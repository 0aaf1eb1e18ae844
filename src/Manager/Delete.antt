-- ===== src/Manager/Delete.antt =====
-- Deleting programs and links in batches (manager/delete.go). The deleteOutcome that the helpers
-- build is left out, since `DeletePrograms` and `DeleteLinks` discard it.
pub mod Deleted
pub mod Gone
pub mod Reports
pub mod Fuel
pub mod Programs
pub mod Total
use go_bpfman.Prelude.{
  ℕ, zero, suc, Bool, true, false, ◌||◌, List, [], ◌∷◌, map, Option, none, some, ltb, if◌then◌else◌,
  length,
}
use go_bpfman.Errors.{Err, wrap}
use go_bpfman.Exec.{
  Outcome, ok, err, panic, Exec, pure, fail, panics, ◌>>=◌, ◌>>◌, wrapping, attempt, on_error,
}
use go_bpfman.Links.{LinkRecord}
use go_bpfman.Manager.World.{
  World, ManagerEnv, ListedProgram, invoke, list_programs, list_links_by_program,
}
use go_bpfman.Manager.Order.{
  Dependents, dependents_of, add_dependent, contains, order_program_deletes,
}
use go_bpfman.Manager.Lookup.{get_link}
use go_bpfman.Manager.Detach.{detach}
use go_bpfman.Manager.Unload.{unload_program}

-- deleteBatch, whose maps the calls share, beside the world.
pub record Batch : Type 0 where
  pub world : World
  pub removed_programs : List ℕ
  pub removed_links : List ℕ

-- DeleteProgramResult and DeleteLinkResult
pub record DeleteResult : Type 0 where
  pub id : ℕ
  pub error : Option Err

on_batch : {A : Type 0} → Batch → Outcome A × World → Outcome A × Batch
on_batch b (r, w) = (r, record b { world = w })

-- A call of an operation of the manager.
unfoldable pub on_world : {A : Type 0} → Exec World A → Exec Batch A
unfolding on_batch
on_world m b = on_batch b (m b.world)

unfoldable pub mark_program : ℕ → Exec Batch (Unit {0})
mark_program id b = (ok tt, record b { removed_programs = id ∷ b.removed_programs })

unfoldable pub mark_link : ℕ → Exec Batch (Unit {0})
mark_link id b = (ok tt, record b { removed_links = id ∷ b.removed_links })

-- A batch in which nothing is removed yet.
unfoldable pub in_batch : {A : Type 0} → Exec Batch A → Exec World A
in_batch m w =
    let (r, b) = m (record { world = w; removed_programs = []; removed_links = [] }) in (r, b.world)

-- `if batch.removed...[id] { return skip }`, and what follows.
abbrev pub skip_if : {A : Type 0} → (Batch → Bool) → A → Exec Batch A → Exec Batch A
skip_if test skip m b = (if test b then pure skip else m) b

abbrev pub is_removed_program : ℕ → Batch → Bool
is_removed_program id b = contains b.removed_programs id

abbrev pub is_removed_link : ℕ → Batch → Bool
is_removed_link id b = contains b.removed_links id

-- The loop of programDependentsByOwner.
unfoldable pub group_by_owner : Dependents → List ListedProgram → Dependents
unfolding add_dependent
group_by_owner dependents [] = dependents
group_by_owner dependents (p ∷ programs) =
    group_by_owner
      (elim p.map_owner_id [
        | none ↦ dependents
        | some owner ↦ add_dependent owner p.program_id dependents
      ])
      programs

module _ (env : ManagerEnv) where
  -- programDependentsByOwner
  unfoldable pub program_dependents_by_owner : Bool → Exec World Dependents
  unfolding group_by_owner
  program_dependents_by_owner false = pure []
  program_dependents_by_owner true = do
    programs ← wrapping "list programs" (invoke env list_programs (λ w. env.programs_of w))
    pure (group_by_owner [] programs)

  -- ResolveDeleteProgramIDs
  unfoldable pub resolve_delete_program_ids : Bool → List ℕ → Exec World (List ℕ)
  resolve_delete_program_ids false explicit = pure explicit
  resolve_delete_program_ids true explicit = do
    programs ← wrapping "list programs" (invoke env list_programs (λ w. env.programs_of w))
    pure (map (λ p. p.program_id) programs)

  -- The loop over the links of a program.
  unfoldable pub detach_links : List LinkRecord → Exec Batch (Unit {0})
  unfolding on_world mark_link
  detach_links [] = pure tt
  detach_links (link ∷ links) = do
    wrapping "detach link" (on_world (detach env link.id))
    mark_link link.id
    detach_links links

  -- deleteDependents, where `delete` is deleteProgram.
  unfoldable pub delete_dependents : (ℕ → Exec Batch (Unit {0})) → List ℕ → Exec Batch (Unit {0})
  unfolding contains
  delete_dependents delete [] = pure tt
  delete_dependents delete (d ∷ ds) = do
    skip_if (is_removed_program d) tt (wrapping "delete dependent program" (delete d))
    delete_dependents delete ds

  -- The part of deleteProgram behind the dependents.
  unfoldable pub delete_alone : ℕ → Exec Batch (Unit {0})
  unfolding detach_links on_world mark_program
  delete_alone id = do
    links ←
        wrapping "list links"
          (on_world (invoke env (list_links_by_program id) (λ w. env.links_of w id)))
    detach_links links
    wrapping "unload" (on_world (unload_program env id))
    mark_program id

  -- deleteProgram. The fuel bounds the depth of the recursion over dependents, which does not end
  -- where they form a cycle; the panic stands for that.
  unfoldable pub delete_program : ℕ → Dependents → ℕ → Bool → Exec Batch (Unit {0})
  unfolding delete_dependents delete_alone dependents_of contains
  delete_program zero dependents id recursive = panics "endless recursion"
  delete_program (suc fuel) dependents id recursive = skip_if (is_removed_program id) tt (
      if recursive
      then delete_dependents (λ d. delete_program fuel dependents d true)
          (dependents_of dependents id)
        >> delete_alone id
      else delete_alone id)

  -- The loop of DeletePrograms.
  unfoldable pub delete_each : ℕ → Dependents → Bool → List ℕ → Exec Batch (List DeleteResult)
  unfolding delete_program contains
  delete_each fuel dependents recursive [] = pure []
  delete_each fuel dependents recursive (id ∷ ids) = do
    error ←
        skip_if (is_removed_program id) none (attempt (delete_program fuel dependents id recursive))
    results ← delete_each fuel dependents recursive ids
    pure (record { id = id; error = error } ∷ results)

  unfoldable pub all_failed : List ℕ → Err → List DeleteResult
  all_failed ids e = map (λ id. record { id = id; error = some e }) ids

  -- DeletePrograms, from the ordered ids on.
  unfoldable pub delete_ordered :
      ℕ → Dependents → Bool → Option (List ℕ) → Exec World (List DeleteResult)
  unfolding delete_each in_batch
  delete_ordered fuel dependents recursive none = panics "endless recursion"
  delete_ordered fuel dependents recursive (some ids) =
      in_batch (delete_each fuel dependents recursive ids)

  -- DeletePrograms
  unfoldable pub delete_programs : ℕ → List ℕ → Bool → Bool → Exec World (List DeleteResult)
  unfolding program_dependents_by_owner all_failed delete_ordered order_program_deletes
  delete_programs fuel ids recursive all =
      let expand = recursive || all in
      on_error (program_dependents_by_owner (expand || ltb 1 (length ids)))
        (λ e. pure (all_failed ids e))
        λ dependents. delete_ordered fuel dependents expand (order_program_deletes ids dependents)

  -- deleteLink
  unfoldable pub delete_link : ℕ → Dependents → Bool → ℕ → Exec Batch (Unit {0})
  unfolding on_world mark_link delete_program
  delete_link fuel dependents recursive id = skip_if (is_removed_link id) tt do
    link ← wrapping "get link" (on_world (get_link env id))
    wrapping "detach" (on_world (detach env id))
    mark_link id
    links ← wrapping "list links for program" (
        on_world (
          invoke env (list_links_by_program link.program_id) (λ w. env.links_of w link.program_id)))
    elim links [
      | [] ↦
          wrapping "delete orphaned program"
            (delete_program fuel dependents link.program_id recursive)
      | _ ∷ _ ↦ pure tt
    ]

  -- The loop of DeleteLinks; `deleteLink` tests once more what the loop tests.
  unfoldable pub delete_each_link : ℕ → Dependents → Bool → List ℕ → Exec Batch (List DeleteResult)
  unfolding delete_link contains
  delete_each_link fuel dependents recursive [] = pure []
  delete_each_link fuel dependents recursive (id ∷ ids) = do
    error ← skip_if (is_removed_link id) none (attempt (delete_link fuel dependents recursive id))
    results ← delete_each_link fuel dependents recursive ids
    pure (record { id = id; error = error } ∷ results)

  -- DeleteLinks
  unfoldable pub delete_links : ℕ → List ℕ → Bool → Exec World (List DeleteResult)
  unfolding program_dependents_by_owner all_failed delete_each_link in_batch
  delete_links fuel ids recursive =
      on_error (program_dependents_by_owner recursive) (λ e. pure (all_failed ids e))
        λ dependents. in_batch (delete_each_link fuel dependents recursive ids)
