-- ===== src/Net/Events/Ends.antt =====
-- The loop of reads, and the two ways of giving a connection up, for a property of the state that the
-- virtual functions keep.
use vwnet_lib.Base.{
  ℕ, ◌≡◌, refl, true, ◌+◌, zero, suc, inl, inr, List, length, leb, ◌==◌, Bool-cases, Option-cases,
}
use vwnet_lib.Net.State.{ReadBuf, Sys, Handlers, on_net, clear_context_event}
use vwnet_lib.Net.Socket.{Inbound, Outbound, ReadResult, got, read_error}
use vwnet_lib.Net.Read.{
  make_room, store, contents, ReadEnd, full, drained, closed, overrun, no_fuel, broken, after_read,
  read_loop, read_end,
}
use vwnet_lib.Net.Write.{WriteEnd, emptied, blocked, write_end, write_loop, handle_write}
use vwnet_lib.Net.Write

module _ {A : Type 0} (h : Handlers A) {P : Sys A → Type 0}
    (processing : (fd : ℕ) (bytes : List ℕ) (s : Sys A)
      → P s
      → P (h.process_data fd bytes s).1) where
  module _ (ki : Inbound) where
    after_read-keep :
        (loop : ReadBuf → ℕ → ki.Conn → Sys A → ReadEnd × ReadBuf × ki.Conn × Sys A)
        → ((b : ReadBuf) (remain : ℕ) (c : ki.Conn) (s : Sys A) → P s → P (loop b remain c s).3)
        → (buf_size fd : ℕ) (b : ReadBuf) (room : ℕ) (s : Sys A) (x : ReadResult) (c : ki.Conn)
        → P s
        → P (after_read ki h loop buf_size fd b room s x c).3
    unfolding after_read
    after_read-keep loop rest buf_size fd b room s (read_error errno) c p = p
    after_read-keep loop rest buf_size fd b room s (got bytes) c p =
        elim (Bool-cases (length bytes == 0)) [
          | inl nothing ↦ rw nothing p
          | inr some_bytes ↦
              elim (Bool-cases (leb (b.r_data + b.r_size + length bytes) (length b.r_buf))) [
                | inl within ↦
                    rw (some_bytes, within)
                      (rest _ _ c _ (processing fd (contents (store b bytes)) s p))
                | inr past ↦ rw (some_bytes, past) p
              ]
        ]

    pub read_loop-keep :
        (fuel buf_size fd : ℕ) (b : ReadBuf) (remain : ℕ) (c : ki.Conn) (s : Sys A)
        → P s
        → P (read_loop ki h fuel buf_size fd b remain c s).3
    unfolding read_loop
    read_loop-keep zero buf_size fd b remain c s p = p
    read_loop-keep (suc fuel) buf_size fd b remain c s p =
        elim (Option-cases (make_room buf_size b remain)) [
          | inl e ↦ rw (e, read_loop) p
          | inr ((b', room), e) ↦
              rw (e, read_loop)
                (after_read-keep (read_loop ki h fuel buf_size fd) (read_loop-keep fuel buf_size fd)
                  buf_size fd b' room s (ki.read c room).0 (ki.read c room).1 p)
        ]

module _ {A : Type 0} (h : Handlers A) {P : Sys A → Type 0}
    (losing : (fd : ℕ) (s : Sys A) → P s → P (h.on_disconnect fd s))
    (failing : (fd err : ℕ) (s : Sys A) → P s → P (h.on_error fd err s))
    (clearing : (fd events : ℕ) (s : Sys A)
      → P s
      → P (on_net (clear_context_event fd events) s)) where
  module _ (ki : Inbound) where
    pub read_end-keep :
        (e : ReadEnd) (fd events : ℕ) (s : Sys A)
        → (e ≡ overrun → P (on_net (λ n. record n { undefined = true }) s))
        → P s
        → P (read_end ki h e fd events s)
    unfolding read_end
    read_end-keep (broken errno) fd events s past p = clearing fd events _ (failing fd errno s p)
    read_end-keep closed fd events s past p = clearing fd events _ (losing fd s p)
    read_end-keep full fd events s past p = p
    read_end-keep drained fd events s past p = p
    read_end-keep overrun fd events s past p = past refl
    read_end-keep no_fuel fd events s past p = p

  module _ (ko : Outbound) where
    pub write_end-keep :
        (e : WriteEnd) (fd events : ℕ) (s : Sys A) → P s → P (write_end ko h e fd events s)
    unfolding write_end
    write_end-keep (Write.broken errno) fd events s p = clearing fd events _ (failing fd errno s p)
    write_end-keep Write.closed fd events s p = clearing fd events _ (losing fd s p)
    write_end-keep emptied fd events s p = p
    write_end-keep blocked fd events s p = p
    write_end-keep Write.no_fuel fd events s p = p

########

DIRECTIONS
Return verbatim each line from the one that mentions "(e ≡ overrun" to the end of the entries, inclusive.

TASK RESPONSE
        → (e ≡ overrun → P (on_net (λ n. record n { undefined = true }) s))
        → P s
        → P (read_end ki h e fd events s)
    unfolding read_end
    read_end-keep (broken errno) fd events s past p = clearing fd events _ (failing fd errno s p)
    read_end-keep closed fd events s past p = clearing fd events _ (losing fd s p)
    read_end-keep full fd events s past p = p
    read_end-keep drained fd events s past p = p
    read_end-keep overrun fd events s past p = past refl
    read_end-keep no_fuel fd events s past p = p

  module _ (ko : Outbound) where
    pub write_end-keep :
        (e : WriteEnd) (fd events : ℕ) (s : Sys A) → P s → P (write_end ko h e fd events s)
    unfolding write_end
    write_end-keep (Write.broken errno) fd events s p = clearing fd events _ (failing fd errno s p)
    write_end-keep Write.closed fd events s p = clearing fd events _ (losing fd s p)
    write_end-keep emptied fd events s p = p
    write_end-keep blocked fd events s p = p
    write_end-keep Write.no_fuel fd events s p = p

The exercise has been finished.